Working data =>
——
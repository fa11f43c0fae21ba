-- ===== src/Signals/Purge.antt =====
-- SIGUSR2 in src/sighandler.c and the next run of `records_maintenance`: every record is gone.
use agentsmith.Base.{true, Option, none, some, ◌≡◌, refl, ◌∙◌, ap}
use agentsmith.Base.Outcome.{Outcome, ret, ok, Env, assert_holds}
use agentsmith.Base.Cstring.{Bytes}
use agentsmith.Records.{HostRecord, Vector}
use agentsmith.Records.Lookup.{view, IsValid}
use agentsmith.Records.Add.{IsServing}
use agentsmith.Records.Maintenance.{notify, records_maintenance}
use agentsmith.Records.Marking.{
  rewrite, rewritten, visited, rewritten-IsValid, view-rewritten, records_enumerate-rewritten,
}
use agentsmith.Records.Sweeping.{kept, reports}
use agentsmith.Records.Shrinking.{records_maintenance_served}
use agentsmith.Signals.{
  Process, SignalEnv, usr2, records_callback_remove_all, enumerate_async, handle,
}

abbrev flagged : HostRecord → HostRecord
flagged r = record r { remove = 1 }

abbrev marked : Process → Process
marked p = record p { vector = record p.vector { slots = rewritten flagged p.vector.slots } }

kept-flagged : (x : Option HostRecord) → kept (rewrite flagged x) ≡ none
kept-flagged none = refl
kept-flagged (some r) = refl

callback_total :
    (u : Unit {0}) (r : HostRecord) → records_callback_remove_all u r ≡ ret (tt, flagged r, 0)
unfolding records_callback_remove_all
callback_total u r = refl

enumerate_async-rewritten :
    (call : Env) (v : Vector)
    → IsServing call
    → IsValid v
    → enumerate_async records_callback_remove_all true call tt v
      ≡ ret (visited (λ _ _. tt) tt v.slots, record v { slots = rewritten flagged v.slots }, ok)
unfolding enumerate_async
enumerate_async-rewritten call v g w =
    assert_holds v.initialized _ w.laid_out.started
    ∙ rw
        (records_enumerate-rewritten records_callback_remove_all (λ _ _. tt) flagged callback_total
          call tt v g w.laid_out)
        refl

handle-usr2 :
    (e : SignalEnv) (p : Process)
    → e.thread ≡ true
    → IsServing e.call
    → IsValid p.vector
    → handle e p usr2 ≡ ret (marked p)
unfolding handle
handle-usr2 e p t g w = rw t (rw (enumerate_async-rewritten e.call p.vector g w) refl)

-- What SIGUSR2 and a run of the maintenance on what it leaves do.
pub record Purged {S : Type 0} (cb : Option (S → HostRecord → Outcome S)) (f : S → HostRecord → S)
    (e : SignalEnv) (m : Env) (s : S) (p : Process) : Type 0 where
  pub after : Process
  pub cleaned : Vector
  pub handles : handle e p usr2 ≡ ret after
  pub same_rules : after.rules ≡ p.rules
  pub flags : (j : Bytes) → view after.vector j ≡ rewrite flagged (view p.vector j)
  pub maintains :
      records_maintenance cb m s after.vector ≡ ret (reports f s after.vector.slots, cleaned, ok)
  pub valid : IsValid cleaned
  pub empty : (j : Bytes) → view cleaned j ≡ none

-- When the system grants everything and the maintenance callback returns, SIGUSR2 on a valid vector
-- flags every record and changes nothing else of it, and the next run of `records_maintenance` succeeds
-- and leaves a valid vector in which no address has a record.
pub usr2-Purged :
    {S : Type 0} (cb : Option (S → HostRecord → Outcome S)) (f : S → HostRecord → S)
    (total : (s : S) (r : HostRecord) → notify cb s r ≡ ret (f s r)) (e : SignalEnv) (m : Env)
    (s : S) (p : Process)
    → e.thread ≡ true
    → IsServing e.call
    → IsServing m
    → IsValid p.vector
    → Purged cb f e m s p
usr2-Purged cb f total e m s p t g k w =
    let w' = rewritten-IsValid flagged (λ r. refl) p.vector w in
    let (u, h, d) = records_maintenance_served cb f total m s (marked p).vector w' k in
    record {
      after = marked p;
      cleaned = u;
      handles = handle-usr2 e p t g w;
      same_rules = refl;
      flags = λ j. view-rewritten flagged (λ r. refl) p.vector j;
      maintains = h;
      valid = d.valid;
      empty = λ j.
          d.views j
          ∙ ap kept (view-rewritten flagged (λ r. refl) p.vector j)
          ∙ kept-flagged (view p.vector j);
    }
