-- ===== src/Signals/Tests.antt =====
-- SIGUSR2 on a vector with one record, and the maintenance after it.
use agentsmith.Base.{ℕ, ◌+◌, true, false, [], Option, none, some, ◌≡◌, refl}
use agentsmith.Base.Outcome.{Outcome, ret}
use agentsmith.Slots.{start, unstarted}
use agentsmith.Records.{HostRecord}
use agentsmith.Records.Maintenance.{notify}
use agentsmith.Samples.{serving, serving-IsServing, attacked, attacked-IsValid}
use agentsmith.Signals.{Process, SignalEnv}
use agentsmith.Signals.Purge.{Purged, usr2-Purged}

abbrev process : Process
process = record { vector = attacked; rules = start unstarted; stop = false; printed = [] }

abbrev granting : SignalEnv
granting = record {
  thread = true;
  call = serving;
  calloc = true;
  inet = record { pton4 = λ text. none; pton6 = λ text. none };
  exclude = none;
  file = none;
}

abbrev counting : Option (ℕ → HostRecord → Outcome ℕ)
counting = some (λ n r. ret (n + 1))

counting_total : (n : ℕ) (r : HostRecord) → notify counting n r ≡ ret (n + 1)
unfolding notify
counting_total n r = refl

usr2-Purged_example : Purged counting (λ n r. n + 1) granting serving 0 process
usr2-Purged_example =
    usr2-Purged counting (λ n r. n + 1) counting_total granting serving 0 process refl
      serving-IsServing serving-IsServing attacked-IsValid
——
What is required =>
Please set down the full listing above, word for word.

Result of the task =>
repository fa11f43c0fae21ba
-- ===== src/Signals/Purge.antt =====
-- SIGUSR2 in src/sighandler.c and the next run of `records_maintenance`: every record is gone.
use agentsmith.Base.{true, Option, none, some, ◌≡◌, refl, ◌∙◌, ap}
use agentsmith.Base.Outcome.{Outcome, ret, ok, Env, assert_holds}
use agentsmith.Base.Cstring.{Bytes}
use agentsmith.Records.{HostRecord, Vector}
use agentsmith.Records.Lookup.{view, IsValid}
use agentsmith.Records.Add.{IsServing}
use agentsmith.Records.Maintenance.{notify, records_maintenance}
use agentsmith.Records.Marking.{
  rewrite, rewritten, visited, rewritten-IsValid, view-rewritten, records_enumerate-rewritten,
}
use agentsmith.Records.Sweeping.{kept, reports}
use agentsmith.Records.Shrinking.{records_maintenance_served}
use agentsmith.Signals.{
  Process, SignalEnv, usr2, records_callback_remove_all, enumerate_async, handle,
}

abbrev flagged : HostRecord → HostRecord
flagged r = record r { remove = 1 }

abbrev marked : Process → Process
marked p = record p { vector = record p.vector { slots = rewritten flagged p.vector.slots } }

kept-flagged : (x : Option HostRecord) → kept (rewrite flagged x) ≡ none
kept-flagged none = refl
kept-flagged (some r) = refl

callback_total :
    (u : Unit {0}) (r : HostRecord) → records_callback_remove_all u r ≡ ret (tt, flagged r, 0)
unfolding records_callback_remove_all
callback_total u r = refl

enumerate_async-rewritten :
    (call : Env) (v : Vector)
    → IsServing call
    → IsValid v
    → enumerate_async records_callback_remove_all true call tt v
      ≡ ret (visited (λ _ _. tt) tt v.slots, record v { slots = rewritten flagged v.slots }, ok)
unfolding enumerate_async
enumerate_async-rewritten call v g w =
    assert_holds v.initialized _ w.laid_out.started
    ∙ rw
        (records_enumerate-rewritten records_callback_remove_all (λ _ _. tt) flagged callback_total
          call tt v g w.laid_out)
        refl

handle-usr2 :
    (e : SignalEnv) (p : Process)
    → e.thread ≡ true
    → IsServing e.call
    → IsValid p.vector
    → handle e p usr2 ≡ ret (marked p)
unfolding handle
handle-usr2 e p t g w = rw t (rw (enumerate_async-rewritten e.call p.vector g w) refl)

-- What SIGUSR2 and a run of the maintenance on what it leaves do.
pub record Purged {S : Type 0} (cb : Option (S → HostRecord → Outcome S)) (f : S → HostRecord → S)
    (e : SignalEnv) (m : Env) (s : S) (p : Process) : Type 0 where
  pub after : Process
  pub cleaned : Vector
  pub handles : handle e p usr2 ≡ ret after
  pub same_rules : after.rules ≡ p.rules
  pub flags : (j : Bytes) → view after.vector j ≡ rewrite flagged (view p.vector j)
  pub maintains :
      records_maintenance cb m s after.vector ≡ ret (reports f s after.vector.slots, cleaned, ok)
  pub valid : IsValid cleaned
  pub empty : (j : Bytes) → view cleaned j ≡ none

-- When the system grants everything and the maintenance callback returns, SIGUSR2 on a valid vector
-- flags every record and changes nothing else of it, and the next run of `records_maintenance` succeeds
-- and leaves a valid vector in which no address has a record.
pub usr2-Purged :
    {S : Type 0} (cb : Option (S → HostRecord → Outcome S)) (f : S → HostRecord → S)
    (total : (s : S) (r : HostRecord) → notify cb s r ≡ ret (f s r)) (e : SignalEnv) (m : Env)
    (s : S) (p : Process)
    → e.thread ≡ true
    → IsServing e.call
    → IsServing m
    → IsValid p.vector
    → Purged cb f e m s p
usr2-Purged cb f total e m s p t g k w =
    let w' = rewritten-IsValid flagged (λ r. refl) p.vector w in
    let (u, h, d) = records_maintenance_served cb f total m s (marked p).vector w' k in
    record {
      after = marked p;
      cleaned = u;
      handles = handle-usr2 e p t g w;
      same_rules = refl;
      flags = λ j. view-rewritten flagged (λ r. refl) p.vector j;
      maintains = h;
      valid = d.valid;
      empty = λ j.
          d.views j
          ∙ ap kept (view-rewritten flagged (λ r. refl) p.vector j)
          ∙ kept-flagged (view p.vector j);
    }
-- ===== src/Signals/Tests.antt =====
-- SIGUSR2 on a vector with one record, and the maintenance after it.
use agentsmith.Base.{ℕ, ◌+◌, true, false, [], Option, none, some, ◌≡◌, refl}
use agentsmith.Base.Outcome.{Outcome, ret}
use agentsmith.Slots.{start, unstarted}
use agentsmith.Records.{HostRecord}
use agentsmith.Records.Maintenance.{notify}
use agentsmith.Samples.{serving, serving-IsServing, attacked, attacked-IsValid}
use agentsmith.Signals.{Process, SignalEnv}
use agentsmith.Signals.Purge.{Purged, usr2-Purged}

abbrev process : Process
process = record { vector = attacked; rules = start unstarted; stop = false; printed = [] }

abbrev granting : SignalEnv
granting = record {
  thread = true;
  call = serving;
  calloc = true;
  inet = record { pton4 = λ text. none; pton6 = λ text. none };
  exclude = none;
  file = none;
}

abbrev counting : Option (ℕ → HostRecord → Outcome ℕ)
counting = some (λ n r. ret (n + 1))

counting_total : (n : ℕ) (r : HostRecord) → notify counting n r ≡ ret (n + 1)
unfolding notify
counting_total n r = refl

usr2-Purged_example : Purged counting (λ n r. n + 1) granting serving 0 process
usr2-Purged_example =
    usr2-Purged counting (λ n r. n + 1) counting_total granting serving 0 process refl
      serving-IsServing serving-IsServing attacked-IsValid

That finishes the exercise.